Extract all lines from the data beneath that include the word "unfolding".

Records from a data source
◆ ◆ ◆
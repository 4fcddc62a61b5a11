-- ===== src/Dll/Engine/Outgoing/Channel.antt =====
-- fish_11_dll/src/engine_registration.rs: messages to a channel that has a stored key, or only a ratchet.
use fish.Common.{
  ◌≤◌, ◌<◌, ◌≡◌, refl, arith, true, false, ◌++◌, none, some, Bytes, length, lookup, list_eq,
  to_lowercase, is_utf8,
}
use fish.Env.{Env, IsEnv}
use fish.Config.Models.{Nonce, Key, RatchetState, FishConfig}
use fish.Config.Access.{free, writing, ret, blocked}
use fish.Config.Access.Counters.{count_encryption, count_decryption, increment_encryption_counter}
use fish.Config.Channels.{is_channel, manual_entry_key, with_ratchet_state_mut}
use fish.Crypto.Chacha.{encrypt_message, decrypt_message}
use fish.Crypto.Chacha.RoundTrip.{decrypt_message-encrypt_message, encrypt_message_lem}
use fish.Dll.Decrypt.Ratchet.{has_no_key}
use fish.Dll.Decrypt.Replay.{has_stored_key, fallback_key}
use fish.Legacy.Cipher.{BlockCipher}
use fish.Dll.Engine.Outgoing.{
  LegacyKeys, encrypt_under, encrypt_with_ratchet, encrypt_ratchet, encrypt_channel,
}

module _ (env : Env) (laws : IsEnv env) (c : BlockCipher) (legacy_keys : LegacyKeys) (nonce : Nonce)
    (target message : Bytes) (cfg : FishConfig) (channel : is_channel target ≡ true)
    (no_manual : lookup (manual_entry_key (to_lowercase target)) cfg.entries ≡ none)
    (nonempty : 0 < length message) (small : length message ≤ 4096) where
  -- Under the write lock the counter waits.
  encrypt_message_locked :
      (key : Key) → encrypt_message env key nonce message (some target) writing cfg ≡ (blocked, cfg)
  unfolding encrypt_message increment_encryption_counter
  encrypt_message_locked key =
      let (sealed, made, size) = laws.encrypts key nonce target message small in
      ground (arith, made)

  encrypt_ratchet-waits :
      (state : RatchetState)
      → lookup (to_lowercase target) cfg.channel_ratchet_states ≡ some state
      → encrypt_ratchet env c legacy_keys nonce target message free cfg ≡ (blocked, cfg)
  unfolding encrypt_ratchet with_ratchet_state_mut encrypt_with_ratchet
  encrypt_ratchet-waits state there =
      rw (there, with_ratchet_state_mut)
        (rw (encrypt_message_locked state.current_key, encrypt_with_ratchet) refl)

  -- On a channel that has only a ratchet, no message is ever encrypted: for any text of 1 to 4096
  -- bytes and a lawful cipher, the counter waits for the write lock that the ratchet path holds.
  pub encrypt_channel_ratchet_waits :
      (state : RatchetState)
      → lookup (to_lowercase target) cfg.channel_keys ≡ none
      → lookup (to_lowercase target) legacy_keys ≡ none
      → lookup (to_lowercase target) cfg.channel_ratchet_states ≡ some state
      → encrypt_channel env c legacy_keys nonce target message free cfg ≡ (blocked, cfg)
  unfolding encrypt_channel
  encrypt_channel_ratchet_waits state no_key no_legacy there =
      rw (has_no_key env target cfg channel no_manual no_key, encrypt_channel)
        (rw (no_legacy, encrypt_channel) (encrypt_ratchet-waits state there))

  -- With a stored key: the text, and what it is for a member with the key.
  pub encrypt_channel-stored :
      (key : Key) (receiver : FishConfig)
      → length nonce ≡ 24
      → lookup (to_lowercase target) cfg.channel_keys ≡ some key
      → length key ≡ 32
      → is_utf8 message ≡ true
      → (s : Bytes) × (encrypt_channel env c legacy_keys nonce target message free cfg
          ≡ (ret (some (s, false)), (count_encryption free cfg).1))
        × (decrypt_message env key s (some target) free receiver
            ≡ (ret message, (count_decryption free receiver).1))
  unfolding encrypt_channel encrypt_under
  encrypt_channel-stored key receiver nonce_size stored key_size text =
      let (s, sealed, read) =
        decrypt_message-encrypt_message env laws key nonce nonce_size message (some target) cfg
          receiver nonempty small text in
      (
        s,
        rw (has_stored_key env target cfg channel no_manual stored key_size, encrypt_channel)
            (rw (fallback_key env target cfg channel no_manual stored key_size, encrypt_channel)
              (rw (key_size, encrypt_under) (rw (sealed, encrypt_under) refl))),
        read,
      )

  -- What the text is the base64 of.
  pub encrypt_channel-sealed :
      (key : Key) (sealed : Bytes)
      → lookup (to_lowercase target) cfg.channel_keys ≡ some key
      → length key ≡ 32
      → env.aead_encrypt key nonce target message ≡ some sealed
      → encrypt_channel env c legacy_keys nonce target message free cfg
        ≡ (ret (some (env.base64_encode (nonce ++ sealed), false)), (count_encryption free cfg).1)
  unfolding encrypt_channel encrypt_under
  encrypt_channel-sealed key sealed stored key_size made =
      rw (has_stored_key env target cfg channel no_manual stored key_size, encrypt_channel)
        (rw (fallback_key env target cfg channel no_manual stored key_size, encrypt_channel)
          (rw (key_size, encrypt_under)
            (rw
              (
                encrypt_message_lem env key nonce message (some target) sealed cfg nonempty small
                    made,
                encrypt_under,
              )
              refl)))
◆ ◆ ◆
## Solved exercise
  unfolding encrypt_message increment_encryption_counter
  unfolding encrypt_ratchet with_ratchet_state_mut encrypt_with_ratchet
  unfolding encrypt_channel
  unfolding encrypt_channel encrypt_under
  unfolding encrypt_channel encrypt_under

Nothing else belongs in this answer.